A Thought on Moore v US

Moore v US is a tax case that the Supreme Court has agreed to hear in its next term, beginning 2 October. The case asks whether mere asset value increases—wealth increases—can be taxed as income, just because of that increase, but before it has been realized—before the asset actually has been disposed of for more than the cost of its acquisition, with that value increase turned into actual dollars on the barrelhead.

The proximate subject concerns a provision in the 2017 tax reform that levied a one-time mandatory repatriation tax on foreign companies.

But the tax applied to American shareholders, even passive investors like Charles and Kathleen Moore of Washington state. They were hit by a surprise $14,729 tax bill, though they had never seen a dime of income from their investment in a friend’s company in rural India. They were taxed instead on the unrealized income of the foreign company.

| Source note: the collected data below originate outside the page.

-- ===== src/Resources/Cores.antt =====
-- The count of active cores of src/mm/dynamic_allocator.hpp.
use emergence_os_bare_metal.Base.{
  ℕ, ◌+◌, ◌≡◌, ◌≢◌, refl, arith, min, max, List, ltb, ◌==◌, if◌then◌else◌,
}
use emergence_os_bare_metal.Resources.{
  AluMode, unused, available, force, invisible, DynamicResourceAllocator, isolate_core,
  set_active_cores, get_active_cores, count_one, isolated,
}

counted : (mode : AluMode) → mode ≢ unused → count_one mode ≡ 1
counted unused ne = absurd (ne refl)
counted available ne = refl
counted force ne = refl
counted invisible ne = refl

-- After `set_active_cores` as many cores are active as asked for, at most two. Setting a core aside
-- in a mode other than unused then counts it as active, and touches no other core.
pub get_active_cores_lem :
    (r : DynamicResourceAllocator) (n core_id : ℕ) (task : List ℕ) (mode : AluMode) (ram : ℕ)
    → mode ≢ unused
    → (get_active_cores (set_active_cores r n) ≡ min n 2)
      × (get_active_cores (isolate_core (set_active_cores r n) core_id task mode ram) ≡ (
          if ltb 1 core_id then min n 2 else if core_id == 1 then min n 1 + 1 else max 1 (min n 2)))
unfolding get_active_cores set_active_cores isolate_core isolated
get_active_cores_lem r n core_id task mode ram used =
    (ground arith, ground (arith, counted mode used))
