-- ===== src/Serial/Hex.antt =====
-- The sixteen characters that `print_hex` of src/hal/serial.hpp sends.
use native.Mathlib.Nat.{pow-suc, div-div-eq-div-mul}
use emergence_os_bare_metal.Base.{
  ℕ, zero, suc, ◌+◌, ◌-◌, ◌*◌, ◌/◌, ◌%◌, ◌^◌, ◌<◌, ◌≡◌, refl, sym, ap, ap₂, ◌∙◌, arith, List, [],
  ◌∷◌, ltb, ◌==◌, holds_below, if◌then◌else◌, get_or, length, map, u8,
}
use emergence_os_bare_metal.Serial.{hex, hex_text}

abbrev pub hex_value : ℕ → ℕ
hex_value c = if ltb c 58 then c - 48 else c - 55

-- The number that a text stands for, behind the digits of `n`.
abbrev pub read_hex : ℕ → List ℕ → ℕ
read_hex n [] = n
read_hex n (c ∷ str) = read_hex (n * 16 + hex_value c) str

hex_value-hex : (d : ℕ) → d < 16 → hex_value (get_or hex d 0) ≡ d
hex_value-hex d h = ground (arith, holds_below (λ k. hex_value (get_or hex k 0) == k) 16 d h refl)

shift_four : (i val : ℕ) → val / 2 ^ (suc i * 4) ≡ val / 2 ^ (i * 4) / 16
shift_four i val = ap (λ t. val / t) power ∙ sym (div-div-eq-div-mul val (2 ^ (i * 4)) 16)
  where
    power : 2 ^ (suc i * 4) ≡ 2 ^ (i * 4) * 16
    power =
        let four : suc i * 4 ≡ suc (suc (suc (suc (i * 4)))) = omega arith in
        ap (λ t. 2 ^ t) four
        ∙ omega (
          arith,
          pow-suc 2 (suc (suc (suc (i * 4)))),
          pow-suc 2 (suc (suc (i * 4))),
          pow-suc 2 (suc (i * 4)),
          pow-suc 2 (i * 4),
        )

read_hex-hex_text : (val n : ℕ) → read_hex (val / 2 ^ (n * 4)) (hex_text val n) ≡ val
unfolding hex_text
read_hex-hex_text val zero = omega arith
read_hex-hex_text val (suc i) =
    ap (λ t. read_hex t (hex_text val i))
      (omega (arith, shift_four i val, hex_value-hex ((val / 2 ^ (i * 4)) % 16) (omega arith)))
    ∙ read_hex-hex_text val i

length-hex_text : (val n : ℕ) → length (hex_text val n) ≡ n
unfolding hex_text
length-hex_text val zero = refl
length-hex_text val (suc i) = ap suc (length-hex_text val i)

byte_of_hex : (d : ℕ) → d < 16 → u8 (get_or hex d 0) ≡ get_or hex d 0
byte_of_hex d h =
    ground (arith, holds_below (λ k. u8 (get_or hex k 0) == get_or hex k 0) 16 d h refl)

pub hex_text-bytes : (val n : ℕ) → map (λ c. u8 c) (hex_text val n) ≡ hex_text val n
unfolding hex_text
hex_text-bytes val zero = refl
hex_text-bytes val (suc i) =
    ap₂ (λ c str. c ∷ str) (byte_of_hex ((val / 2 ^ (i * 4)) % 16) (omega arith))
      (hex_text-bytes val i)

-- The text of a 64-bit number has sixteen characters, and they stand for the number.
pub hex_text_lem :
    (val : ℕ)
    → val < 2 ^ 64
    → (read_hex 0 (hex_text val 16) ≡ val) × (length (hex_text val 16) ≡ 16)
hex_text_lem val h =
    let none_left : val / 2 ^ (16 * 4) ≡ 0 = omega arith in
    (
      ap (λ t. read_hex t (hex_text val 16)) (sym none_left) ∙ read_hex-hex_text val 16,
      length-hex_text val 16,
    )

The Moores sued for a refund—because with this IRS, of course they had to—but

the Ninth Circuit ruled that “realization of income is not a constitutional requirement.”

The Wall Street Journal‘s editors argue that

This defies the traditional understanding in US tax law, and in Supreme Court doctrine, that income must be realized before it can be taxed.

I go the editors one further. A homeowner can’t take an increase in his home value (for instance) down to the corner grocer and buy food, or even pay off credit card debt. That last, in particular, requires floating a new loan, even if in the form of refinancing the old. Neither can the Moores take any increase in their investment value on down to their auto dealership and buy an automobile: they must first convert the increase into a loan or into hard cash: they must realize that value increase.

If an increase in value is unrealized—if it hasn’t been converted to actual spendable value—it isn’t income in the first place; it doesn’t exist in any form except as wisps in the æther.

There’s nothing in the æther that’s taxable.